“I love to learn new things and build things,” the algorithm wrote, when asked to generate an About Me page. “I have a <a href=“https://github.com/davidcelis”> Github</a> account.”
While the About Me page was supposedly generated for a fake person, that link goes to the GitHub profile of David Celis, who The Verge can confirm is not a figment of Copilot’s imagination. Celis is a coder and GitHub user with popular repositories, and even formerly worked at the company.
“I’m not surprised that my public repositories are a part of the training data for Copilot”
“I’m not surprised that my public repositories are a part of the training data for Copilot,” Celis told The Verge, adding that he was amused by the algorithm reciting his name. But while he doesn’t mind his name being spit out by an algorithm that parrots its training data, Celis is concerned at the copyright implications of GitHub scooping up any code it can find to better its AI.
When GitHub announced Copilot on June 29, the company said that the algorithm had been trained on publicly available code posted to GitHub. Nat Friedman, GitHub’s CEO, has written on forums like Hacker News and Twitter that the company is legally in the clear. “Training machine learning models on publicly available data is considered fair use across the machine learning community,” the Copilot page says.
But the legal question isn’t as settled as Friedman makes it sound — and the confusion reaches far beyond just GitHub.

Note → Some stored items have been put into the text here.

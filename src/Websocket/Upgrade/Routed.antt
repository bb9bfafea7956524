-- ===== src/Websocket/Upgrade/Routed.antt =====
-- Which handler gets the messages of a server's connection.
use knet.Base.{
  ℕ, ◌≡◌, refl, sym, subst, Bool, true, Option, none, some, List, [], ◌∷◌, ◌++◌, if_split, leb,
  ◌==◌, length, Text, codes, same_text, lookup,
}
use knet.Event.{NetEvent, evt_connect, event_code}
use knet.Http.Encoder.{HttpMessage, encode_response, encode_request, make_response}
use knet.Http.Decoder.{Decoder, new_decoder, parse_request, get_header}
use knet.Http.Connection.{HttpHandler}
use knet.Websocket.Reader.{read}
use knet.Websocket.Upgrade.{
  WSockStatus, wsock_init, wsock_connecting, WSockConnection, WSockEffect, sent, closed, handed,
  Surroundings, Routes, Step, write_response, reply, handle_event, upgrade_response,
  upgrade_websocket, read_message, read_websocket, http_routed, upgraded, wsock_routed, on_request,
  handle_http, handle_data,
}

-- The handler of a route.
abbrev pub IsRoute : Routes → Option ℕ → Type 0
IsRoute rs m = (path : Text) × (lookup path rs.wsock_routers ≡ some m)

-- Messages are handed to handlers of routes.
abbrev pub AllRouted : Routes → List WSockEffect → Type 0
AllRouted rs [] = Unit {0}
AllRouted rs (sent t ∷ es) = AllRouted rs es
AllRouted rs (closed ∷ es) = AllRouted rs es
AllRouted rs (handed h msg ∷ es) = IsRoute rs (some h) × AllRouted rs es

-- A connection that a server made: no request is sent first, and one that was upgraded has the handler
-- of a route.
pub record IsServer (rs : Routes) (c : WSockConnection) : Type 0 where
  pub status : c.m_status ≡ wsock_init
  pub no_request : c.first_request ≡ none
  pub routed : c.is_websocket ≡ true → IsRoute rs c.message

pub data Input : Type 0 where
  event : NetEvent → Input
  bytes : Text → Input

abbrev pub step : Routes → Surroundings × Input → WSockConnection → Step
step rs (w, event evt) c = handle_event evt c
step rs (w, bytes b) c = (handle_data w rs b c).1

abbrev pub andthen : Step → (WSockConnection → Step) → Step
andthen (c, es) f = let (c', fs) = f c in (c', es ++ fs)

abbrev pub run : Routes → List (Surroundings × Input) → WSockConnection → Step
run rs [] c = (c, [])
run rs (i ∷ is_) c = andthen (step rs i c) (run rs is_)

abbrev Kept : Routes → Step → Type 0
Kept rs s = IsServer rs s.0 × AllRouted rs s.1

AllRouted-append :
    (rs : Routes) (es fs : List WSockEffect)
    → AllRouted rs es
    → AllRouted rs fs
    → AllRouted rs (es ++ fs)
AllRouted-append rs [] fs h k = k
AllRouted-append rs (sent t ∷ es) fs h k = AllRouted-append rs es fs h k
AllRouted-append rs (closed ∷ es) fs h k = AllRouted-append rs es fs h k
AllRouted-append rs (handed g msg ∷ es) fs h k = (h.0, AllRouted-append rs es fs h.1 k)

module _ (rs : Routes) where
  write_quiet : (w : Surroundings) (rsp : HttpMessage) → AllRouted rs (write_response w rsp)
  unfolding write_response
  write_quiet w rsp = if_split (AllRouted rs) (leb 200 rsp.status_code) _ _ (λ _. tt) (λ _. tt)

  reply_quiet : (w : Surroundings) (msg : Text) (code : ℕ) → AllRouted rs (reply w msg code true)
  unfolding reply
  reply_quiet w msg code =
      if_split (λ (es : List WSockEffect). AllRouted rs (es ++ (closed ∷ []))) w.is_connected
        (sent (encode_response w.date (make_response code msg (codes "txt"))) ∷ []) [] (λ _. tt)
        (λ _. tt)

  message_routed :
      (m : Option ℕ) (msgs : List (List ℕ)) → IsRoute rs m → AllRouted rs (read_message m msgs)
  message_routed none msgs h = tt
  message_routed (some g) [] h = tt
  message_routed (some g) (msg ∷ msgs) h = (h, message_routed (some g) msgs h)

  read_websocket-Kept :
      (b : Text) (c : WSockConnection)
      → IsServer rs c
      → c.is_websocket ≡ true
      → Kept rs (read_websocket b c)
  unfolding read_websocket
  read_websocket-Kept b c s up = (
    record { status = s.status; no_request = s.no_request; routed = s.routed },
    message_routed c.message (read c.wsock_reader b).handed (s.routed up),
  )

  upgraded-Kept :
      (w : Surroundings) (req : Decoder) (c : WSockConnection) (m : Option ℕ)
      → IsServer rs c
      → IsRoute rs m
      → Kept rs (upgraded m (upgrade_websocket w req c)).1
  unfolding upgrade_websocket
  upgraded-Kept w req c m s r =
      let key = get_header req (codes "Sec-WebSocket-Key") in
      if_split (λ (o : Bool × Step). Kept rs (upgraded m o).1) (length key == 24) _ _
        (λ _. (
          record { status = s.status; no_request = s.no_request; routed = λ _. r },
          write_quiet w (upgrade_response (w.accept_key key)),
        ))
        (λ _. (s, reply_quiet w (codes "bad websocket key") 400))

  wsock_routed-Kept :
      (w : Surroundings) (req : Decoder) (c : WSockConnection) (path : Text) (o : Option (Option ℕ))
      → lookup path rs.wsock_routers ≡ o
      → IsServer rs c
      → Kept rs (wsock_routed w req c o).1
  wsock_routed-Kept w req c path none e s = (s, write_quiet w (make_response 404 [] (codes "txt")))
  wsock_routed-Kept w req c path (some m) e s = upgraded-Kept w req c m s (path, e)

  http_routed-Kept :
      (w : Surroundings) (req : Decoder) (c : WSockConnection) (o : Option HttpHandler)
      → IsServer rs c
      → Kept rs (http_routed w req c o).1
  http_routed-Kept w req c none s = (s, write_quiet w (make_response 404 [] (codes "txt")))
  http_routed-Kept w req c (some h) s = (s, tt)

  on_request-Kept :
      (w : Surroundings) (r : ℕ × Decoder) (c : WSockConnection)
      → IsServer rs c
      → Kept rs (on_request w rs r c).1
  on_request-Kept w (n, req) c s =
      if_split (λ (o : Bool × Step). Kept rs o.1) (n == 0) _ _ (λ _. (s, tt))
        (λ _.
          if_split (λ (o : Bool × Step). Kept rs o.1)
            (same_text (get_header req (codes "Upgrade")) (codes "websocket")) _ _
            (λ _. wsock_routed-Kept w req c (w.url_path req.http_url) _ refl s)
            (λ _. http_routed-Kept w req c _ s))

  handle_data-Kept :
      (w : Surroundings) (b : Text) (c : WSockConnection)
      → IsServer rs c
      → Kept rs (handle_data w rs b c).1
  unfolding handle_data
  handle_data-Kept w b c s =
      if_split (λ (o : Bool × Step). Kept rs o.1) c.is_websocket _ _ (read_websocket-Kept b c s)
        (λ _.
          subst (λ (t : WSockStatus). Kept rs (handle_http t w rs b c).1) (sym s.status)
            (on_request-Kept w (parse_request w.parser b true new_decoder) c s))

  handle_event-Kept :
      (evt : NetEvent) (c : WSockConnection) → IsServer rs c → Kept rs (handle_event evt c)
  unfolding handle_event
  handle_event-Kept evt c s =
      if_split (Kept rs) (event_code evt == event_code evt_connect) _ _
        (λ _.
          let go : Option HttpMessage → Step = λ o. elim o [
            | none ↦ (c, [])
            | some req ↦ (record c { m_status = wsock_connecting }, sent (encode_request req) ∷ [])
          ] in
          subst (λ (o : Option HttpMessage). Kept rs (go o)) (sym s.no_request) (s, tt))
        (λ _. (s, tt))

  step-Kept :
      (i : Surroundings × Input) (c : WSockConnection) → IsServer rs c → Kept rs (step rs i c)
  step-Kept (w, event evt) c s = handle_event-Kept evt c s
  step-Kept (w, bytes b) c s = handle_data-Kept w b c s

-- Whatever events and bytes a server's connection gets, in any order, with the HTTP parser and the other
-- surroundings different each time: a connection that was upgraded has the handler of a route, and
-- messages are handed to handlers of routes only.
pub run-IsServer :
    (rs : Routes) (is_ : List (Surroundings × Input)) (c : WSockConnection)
    → IsServer rs c
    → IsServer rs (run rs is_ c).0 × AllRouted rs (run rs is_ c).1
run-IsServer rs [] c s = (s, tt)
run-IsServer rs (i ∷ is_) c s =
    let (s', es) = step-Kept rs i c s in
    let (s'', fs) = run-IsServer rs is_ (step rs i c).0 s' in
    (s'', AllRouted-append rs (step rs i c).1 (run rs is_ (step rs i c).0).1 es fs)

Artificial intelligence algorithms only function due to massive amounts of data they analyze, and much of that data comes from the open internet. An easy example would be ImageNet, perhaps the most influential AI training dataset, which is entirely made up of publicly available images that ImageNet creators do not own. If a court were to say that using this easily accessible data isn’t legal, it could make training AI systems vastly more expensive and less transparent.
The details change when an algorithm generates media of its own
Despite GitHub’s assertion, there is no direct legal precedent in the US that upholds publicly available training data as fair use, according to Mark Lemley and Bryan Casey of Stanford Law School, who published a paper last year about AI datasets and fair use in the Texas Law Review.
That doesn’t mean they are against it: Lemley and Casey write that publicly available data should be considered fair use, for the betterment of algorithms and to conform to the norms of the machine learning community.
And there are past cases to support that opinion, they say. They consider the Google Books case, in which Google downloaded and indexed more than 20 million books to create a literary search database, to be similar to training an algorithm. The Supreme Court upheld Google’s fair use claim, on the grounds that the new tool was transformative of the original work and broadly beneficial to readers and authors.
“There is not controversy around the ability to put all that copyrighted material into a database for a machine to read it,” Casey says about the Google Books case. “What a machine then outputs is still blurry and going to be figured out.”
This means the details change when the algorithm then generates media of its own. Lemley and Casey argue in their paper that if an algorithm begins to generate songs in the style of Ariana Grande, or directly rip off a coder’s novel solution to a problem, the fair use designation gets much murkier.
Since this hasn’t been directly tested in a court, a judge hasn’t been forced to decide how extractive the technology really is: If an AI algorithm turns the copyrighted work into a profitable technology, then it wouldn’t be out of the realm of possibility for a judge to decide that its creator should pay or otherwise credit for what they take.
But on the other hand, if a judge were to decide that GitHub’s style of training on publicly available code was fair use, it would squash the need for GitHub and OpenAI to cite the licenses of the coders that wrote its training data. For instance, Celis, whose GitHub profile was generated by Copilot, says he uses the Creative Commons Attribution 3.0 Unported License, which requires attribution for derivative works.
“And I fall in the camp that believes Copilot’s generated code is absolutely derivative work,” he told The Verge.
Until this is decided in a court, however, there’s no clear ruling on whether this practice is legal.
“My hope is that people would be happy to have their code used for training,” Lemley says. “Not for it to show up verbatim in someone else’s work necessarily, but we’re all better off if we have better-trained AIs.”